Dengue surveillance system

Under the existing system for routine notification of dengue cases in Yogyakarta City, hospitals report cases diagnosed clinically as Dengue Hemorrhagic Fever (DHF; ICD-10 code A91; International Classification of Diseases 10th revision) to the Yogyakarta District Health Office. These case reports are not consistently accompanied by supportive laboratory testing. We collated data from January 2006 to May 2022 from this reporting system, aggregated by month and patients’ kelurahan of residence. Data on hospitalised dengue fever (DF) cases (ICD-10 code A90) were also obtained for January 2017–May 2022, as DF notification only began in 2017.

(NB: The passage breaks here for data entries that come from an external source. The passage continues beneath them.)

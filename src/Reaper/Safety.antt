-- ===== src/Reaper/Safety.antt =====
-- When the reaper of src/reaper.rs deletes a runner, and how often it calls GitHub.
use ez_gh_actions.Base.{
  ℕ, zero, suc, ◌+◌, ◌*◌, ◌≤◌, ◌≡◌, refl, inl, inr, Bool, true, false, not, ◌&&◌, some, List, [],
  ◌∷◌, arith, ◌==◌, if◌then◌else◌, is_some_and, find, length, Text, text_eq, text_eq_refl, ==_refl,
  Option-cases,
}
use ez_gh_actions.Base.Results.{Result, ok, err, Result-cases}
use ez_gh_actions.Github.{WorkflowJob}
use ez_gh_actions.Reaper.{
  ReaperPlan, Call, cancel_workflow_run, force_cancel_workflow_run, list_workflow_jobs,
  remove_runner, ReaperApi, ReaperExecutionStatus, completed, delete_failed, ReaperExecution,
  job_matches_plan, in_progress, PollOutcome, terminal, still_in_progress, poll_failed, judge_job,
  judge_poll, Polled, poll_loop, poll_until_job_terminal, push_step, set_status,
}
use ez_gh_actions.Reaper.Execute.{
  delete_runner, skip_delete, after_force, force, after_cancel, execute_reaper_plan_with_api,
}

-- the reply shows the planned job, still of the planned runner, and no longer in progress
abbrev pub job_is_terminal : ReaperPlan → Result Text (List WorkflowJob) → Bool
job_is_terminal plan (err e) = false
job_is_terminal plan (ok jobs) =
    is_some_and (find (λ job. job.id == plan.job_id) jobs)
      (λ job. job_matches_plan job plan && not (text_eq job.status in_progress))

-- the latest call asked for the planned run's jobs, and its reply was terminal
abbrev pub terminal_seen : ReaperApi → ReaperPlan → List Call → Bool
terminal_seen api plan (list_workflow_jobs repo run ∷ h) =
    text_eq repo plan.repo
    && (run == plan.run_id && job_is_terminal plan (api.list_jobs h repo run))
terminal_seen api plan _ = false

-- how often a runner's deletion was asked for
abbrev pub deletes : ℕ → List Call → ℕ
deletes id [] = 0
deletes id (remove_runner r ∷ h) = if r == id then suc (deletes id h) else deletes id h
deletes id (_ ∷ h) = deletes id h

-- the statuses with which an execution ends that asked for the deletion
abbrev pub attempted_delete : ReaperExecutionStatus → Bool
attempted_delete completed = true
attempted_delete delete_failed = true
attempted_delete _ = false

judge_job-terminal :
    (plan : ReaperPlan) (phase : Text) (attempt : ℕ) (job : WorkflowJob) (exec : ReaperExecution)
    {o : PollOutcome} {exec' : ReaperExecution}
    → judge_job plan phase attempt job exec ≡ some (o, exec')
    → (o ≡ terminal → (job_matches_plan job plan && not (text_eq job.status in_progress)) ≡ true)
      × (o ≡ poll_failed → attempted_delete exec'.status ≡ false)
unfolding judge_job push_step set_status
judge_job-terminal plan phase attempt job exec h = ground arith

judge_poll-terminal :
    (plan : ReaperPlan) (phase : Text) (attempt : ℕ) (reply : Result Text (List WorkflowJob))
    (exec : ReaperExecution) {o : PollOutcome} {exec' : ReaperExecution}
    → judge_poll plan phase attempt reply exec ≡ some (o, exec')
    → (o ≡ terminal → job_is_terminal plan reply ≡ true)
      × (o ≡ poll_failed → attempted_delete exec'.status ≡ false)
unfolding judge_poll push_step set_status
judge_poll-terminal plan phase attempt (err e) exec h = ground arith
judge_poll-terminal plan phase attempt (ok jobs) exec {o} {exec'} h =
    elim (Option-cases (find (λ job. job.id == plan.job_id) jobs)) [
      | inl e ↦ ground arith
      | inr (job, e) ↦
          ground (arith, judge_job-terminal plan phase attempt job exec {o = o} {exec' = exec'})
    ]

-- what a bounded round of polls leaves behind
record PollPost (api : ReaperApi) (plan : ReaperPlan) (left : ℕ) (h : List Call) (r : Polled)
    : Type 0 where
  bounded : length r.2 ≤ length h + left
  kept : (id : ℕ) → deletes id r.2 ≡ deletes id h
  seen : r.0 ≡ terminal → terminal_seen api plan r.2 ≡ true
  ended : r.0 ≡ poll_failed → attempted_delete r.1.status ≡ false

poll_loop-PollPost :
    (api : ReaperApi) (plan : ReaperPlan) (phase : Text) (limit left attempt : ℕ)
    (exec : ReaperExecution) (h : List Call)
    → PollPost api plan left h (poll_loop api plan phase limit left attempt exec h)
unfolding poll_loop
poll_loop-PollPost api plan phase limit zero attempt exec h = record {
  bounded = omega arith;
  kept = λ id. refl;
  seen = λ e. cc;
  ended = λ e. cc;
}
poll_loop-PollPost api plan phase limit (suc left) attempt exec h =
    let reply = api.list_jobs h plan.repo plan.run_id in
    let h' = list_workflow_jobs plan.repo plan.run_id ∷ h in
    let later : PollPost api plan left h'
        (poll_loop api plan phase limit left (attempt + 1) exec h') =
      poll_loop-PollPost api plan phase limit left (attempt + 1) exec h' in
    elim (Option-cases (judge_poll plan phase attempt reply exec)) [
      | inl e ↦
          rw (e, poll_loop)
            (record {
              bounded = omega (arith, later.bounded);
              kept = later.kept;
              seen = later.seen;
              ended = later.ended;
            })
      | inr ((o, exec'), e) ↦
          let judged = judge_poll-terminal plan phase attempt reply exec e in
          rw (e, poll_loop)
            (record {
              bounded = omega arith;
              kept = λ id. refl;
              seen = λ t. rw (text_eq_refl plan.repo) (rw (==_refl plan.run_id) (judged.0 t));
              ended = judged.1;
            })
    ]

-- what a part of an execution that may end in the deletion leaves behind
record DeletePost (api : ReaperApi) (plan : ReaperPlan) (calls : ℕ) (h : List Call)
    (r : ReaperExecution × List Call) : Type 0 where
  bounded : length r.1 ≤ length h + calls
  counted :
      (id : ℕ)
      → deletes id r.1
        ≡ deletes id h + (if attempted_delete r.0.status && plan.runner_id == id then 1 else 0)
  guarded :
      attempted_delete r.0.status ≡ true
      → (before : List Call) × (r.1 ≡ remove_runner plan.runner_id ∷ before)
        × (terminal_seen api plan before ≡ true)
        × (r.0.status ≡ completed → api.remove before plan.runner_id ≡ ok tt)

delete_runner-DeletePost :
    (api : ReaperApi) (plan : ReaperPlan) (exec : ReaperExecution) (h : List Call)
    → terminal_seen api plan h ≡ true
    → DeletePost api plan 1 h (delete_runner api plan exec h)
unfolding delete_runner push_step set_status
delete_runner-DeletePost api plan exec h seen = elim (Result-cases (api.remove h plan.runner_id)) [
  | inl (u, e) ↦ record {
    bounded = omega arith;
    counted = λ id. ground arith;
    guarded = λ a. (h, refl, seen, λ c. e);
  }
  | inr (x, e) ↦ record {
    bounded = omega arith;
    counted = λ id. ground arith;
    guarded = λ a. (h, refl, seen, λ c. ground arith);
  }
]

-- a part that ends without asking for the deletion
skipped-DeletePost :
    (api : ReaperApi) (plan : ReaperPlan) (calls : ℕ) (h h' : List Call) (exec : ReaperExecution)
    → attempted_delete exec.status ≡ false
    → length h' ≤ length h + calls
    → ((id : ℕ) → deletes id h' ≡ deletes id h)
    → DeletePost api plan calls h (exec, h')
skipped-DeletePost api plan calls h h' exec no_delete le kept = record {
  bounded = le;
  counted = λ id. ground (arith, kept id);
  guarded = λ a. absurd (cc);
}

-- the calls made before such a part
earlier-DeletePost :
    (api : ReaperApi) (plan : ReaperPlan) (calls more : ℕ) (h h' : List Call)
    (r : ReaperExecution × List Call)
    → length h' + calls ≤ length h + more
    → ((id : ℕ) → deletes id h' ≡ deletes id h)
    → DeletePost api plan calls h' r
    → DeletePost api plan more h r
earlier-DeletePost api plan calls more h h' r le kept post = record {
  bounded = omega (arith, post.bounded);
  counted = λ id. omega (arith, post.counted id, kept id);
  guarded = post.guarded;
}

after_force-DeletePost :
    (api : ReaperApi) (plan : ReaperPlan) (left : ℕ) (h : List Call) (r : Polled)
    → PollPost api plan left h r
    → DeletePost api plan (left + 1) h (after_force api plan r)
unfolding after_force skip_delete push_step set_status
after_force-DeletePost api plan left h (terminal, exec, h') p =
    earlier-DeletePost api plan 1 (left + 1) h h' _ (omega (arith, p.bounded)) p.kept
      (delete_runner-DeletePost api plan exec h' (p.seen refl))
after_force-DeletePost api plan left h (still_in_progress, exec, h') p =
    skipped-DeletePost api plan (left + 1) h h' _ refl (omega (arith, p.bounded)) p.kept
after_force-DeletePost api plan left h (poll_failed, exec, h') p =
    skipped-DeletePost api plan (left + 1) h h' _ (p.ended refl) (omega (arith, p.bounded)) p.kept

poll_until_job_terminal-PollPost :
    (api : ReaperApi) (plan : ReaperPlan) (exec : ReaperExecution) (n : ℕ) (phase : Text)
    (h : List Call)
    → PollPost api plan n h (poll_until_job_terminal api plan exec n phase h)
unfolding poll_until_job_terminal
poll_until_job_terminal-PollPost api plan exec n phase h =
    poll_loop-PollPost api plan phase n n 1 exec h

force-DeletePost :
    (api : ReaperApi) (plan : ReaperPlan) (n : ℕ) (exec : ReaperExecution) (h : List Call)
    → DeletePost api plan (n + 2) h (force api plan n exec h)
unfolding force
force-DeletePost api plan n exec h =
    let h' = force_cancel_workflow_run plan.repo plan.run_id ∷ h in
    elim (Result-cases (api.force_cancel h plan.repo plan.run_id)) [
      | inl (u, e) ↦
          rw (e, force)
            (earlier-DeletePost api plan (n + 1) (n + 2) h h' _ (omega arith) (λ id. refl)
              (after_force-DeletePost api plan n h' _
                (poll_until_job_terminal-PollPost api plan _ n _ h')))
      | inr (x, e) ↦
          rw (e, force)
            (skipped-DeletePost api plan (n + 2) h h' _
              (unfold skip_delete push_step set_status in refl) (omega arith) (λ id. refl))
    ]

after_cancel-DeletePost :
    (api : ReaperApi) (plan : ReaperPlan) (n : ℕ) (h : List Call) (r : Polled)
    → PollPost api plan n h r
    → DeletePost api plan (2 * n + 2) h (after_cancel api plan n r)
unfolding after_cancel
after_cancel-DeletePost api plan n h (terminal, exec, h') p =
    earlier-DeletePost api plan 1 (2 * n + 2) h h' _ (omega (arith, p.bounded)) p.kept
      (delete_runner-DeletePost api plan exec h' (p.seen refl))
after_cancel-DeletePost api plan n h (still_in_progress, exec, h') p =
    earlier-DeletePost api plan (n + 2) (2 * n + 2) h h' _ (omega (arith, p.bounded)) p.kept
      (force-DeletePost api plan n exec h')
after_cancel-DeletePost api plan n h (poll_failed, exec, h') p =
    skipped-DeletePost api plan (2 * n + 2) h h' _
      (unfold skip_delete push_step set_status in p.ended refl) (omega (arith, p.bounded)) p.kept

execute-DeletePost :
    (api : ReaperApi) (plan : ReaperPlan) (n : ℕ) (h : List Call)
    → DeletePost api plan (2 * n + 3) h (execute_reaper_plan_with_api api plan n h)
unfolding execute_reaper_plan_with_api
execute-DeletePost api plan zero h =
    skipped-DeletePost api plan 3 h h _ (unfold push_step set_status in refl) (omega arith)
      (λ id. refl)
execute-DeletePost api plan (suc n) h =
    let h' = cancel_workflow_run plan.repo plan.run_id ∷ h in
    elim (Result-cases (api.cancel h plan.repo plan.run_id)) [
      | inl (u, e) ↦
          rw (e, execute_reaper_plan_with_api)
            (earlier-DeletePost api plan (2 * suc n + 2) (2 * suc n + 3) h h' _ (omega arith)
              (λ id. refl)
              (after_cancel-DeletePost api plan (suc n) h' _
                (poll_until_job_terminal-PollPost api plan _ (suc n) _ h')))
      | inr (x, e) ↦
          rw (e, execute_reaper_plan_with_api)
            (skipped-DeletePost api plan (2 * suc n + 3) h h' _
              (unfold skip_delete push_step set_status in refl) (omega arith) (λ id. refl))
    ]

-- Whatever GitHub answers, an execution asks for the deletion only as its last call, directly after
-- a listing that shows the planned job, still the planned runner's, no longer in progress; it ends
-- as completed only if that deletion succeeded.
pub deletion_guarded :
    (api : ReaperApi) (plan : ReaperPlan) (n : ℕ) (h : List Call)
    → let (exec, h') = execute_reaper_plan_with_api api plan n h in
      (attempted_delete exec.status ≡ true
        → (before : List Call) × (h' ≡ remove_runner plan.runner_id ∷ before)
          × (terminal_seen api plan before ≡ true)
          × (exec.status ≡ completed → api.remove before plan.runner_id ≡ ok tt))
      × (attempted_delete exec.status ≡ false → (id : ℕ) → deletes id h' ≡ deletes id h)
deletion_guarded api plan n h =
    let post = execute-DeletePost api plan n h in
    (post.guarded, λ a id. ground (arith, post.counted id))

-- An execution makes at most two rounds of polls and three other calls.
calls_bounded :
    (api : ReaperApi) (plan : ReaperPlan) (n : ℕ) (h : List Call)
    → length (execute_reaper_plan_with_api api plan n h).1 ≤ length h + (2 * n + 3)
calls_bounded api plan n h = (execute-DeletePost api plan n h).bounded

pub deletes-execute :
    (api : ReaperApi) (plan : ReaperPlan) (n id : ℕ) (h : List Call)
    → deletes id (execute_reaper_plan_with_api api plan n h).1
      ≤ deletes id h + (if plan.runner_id == id then 1 else 0)
deletes-execute api plan n id h = ground (arith, (execute-DeletePost api plan n h).counted id)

Insecticide fogging for vector control

The Yogyakarta District Health Office undertakes focal spraying of insecticide (cypermethrin in 2016–2018 and malathion in 2019–2020) around the residence of notified dengue cases (hospitalised DHF cases only in 2016; DHF and DF from 2017 onwards), subject to resource availability and local transmission risk. Line-listed information on insecticide fogging for vector control, including fogging date and location, is maintained by the Yogyakarta District Health Office and was obtained retrospectively from January 2016 to August 2020 and aggregated by month and local wMel status. Data on the annual cost of insecticide spraying for vector control was also obtained from the District Health Office. Insecticide fogging was paused from September 2020 to December 2021 due to the COVID-19 pandemic. As fogging activity had only partially resumed during the first half of 2022, we did not include 2022 data in our analysis.

Statistical analysis

The impact of wMel deployment on DHF and DF case notifications was evaluated using an interrupted time series (ITS) analysis of monthly case notifications by kelurahan, before and after wMel releases. A notified case’s wMel exposure status was determined by the wMel-treatment status of their kelurahan of residence in the month of case notification. The boundaries of the 35 kelurahans within the AWED trial site do not all align with the boundaries of the 24 AWED clusters, with 19 kelurahans straddling parts of both intervention and untreated clusters. Rules were defined to classify the wMel exposure status of each kelurahan through time. Kelurahans were defined as ‘untreated’ prior to receiving any wMel releases; ‘partially treated’ when releases had commenced in any part of the kelurahan, or if wMel contamination had occurred (defined as kelurahan-level wMel prevalence >50% for two monthly monitoring events within a 6-month rolling window and >50% of the BG traps in the kelurahan had detected wMel-positive Ae. aegypti during those monitoring events); and ‘fully treated’ once wMel releases had been completed in all parts of the kelurahan. All kelurahans were considered fully treated by February 2021 following the end of wMel releases in all of Yogyakarta City. An alternative wMel exposure definition used quintiles of kelurahan-level wMel prevalence, calculated as a 3-month rolling average, as a predictor of dengue incidence. Here kelurahans can move across wMel quintiles from month to month and thus each wMel quintile in a given month may represent a different set of kelurahans. Mixed effects negative binomial regression was used to model the monthly count of DHF and DF case notifications in each kelurahan as function of wMel treatment status (fully, partially or untreated in the primary analysis, and by quintile of wMel prevalence in the secondary analysis), with an offset for population size, calendar month as a covariate to allow for seasonality, and with kelurahan modelled as a random effect.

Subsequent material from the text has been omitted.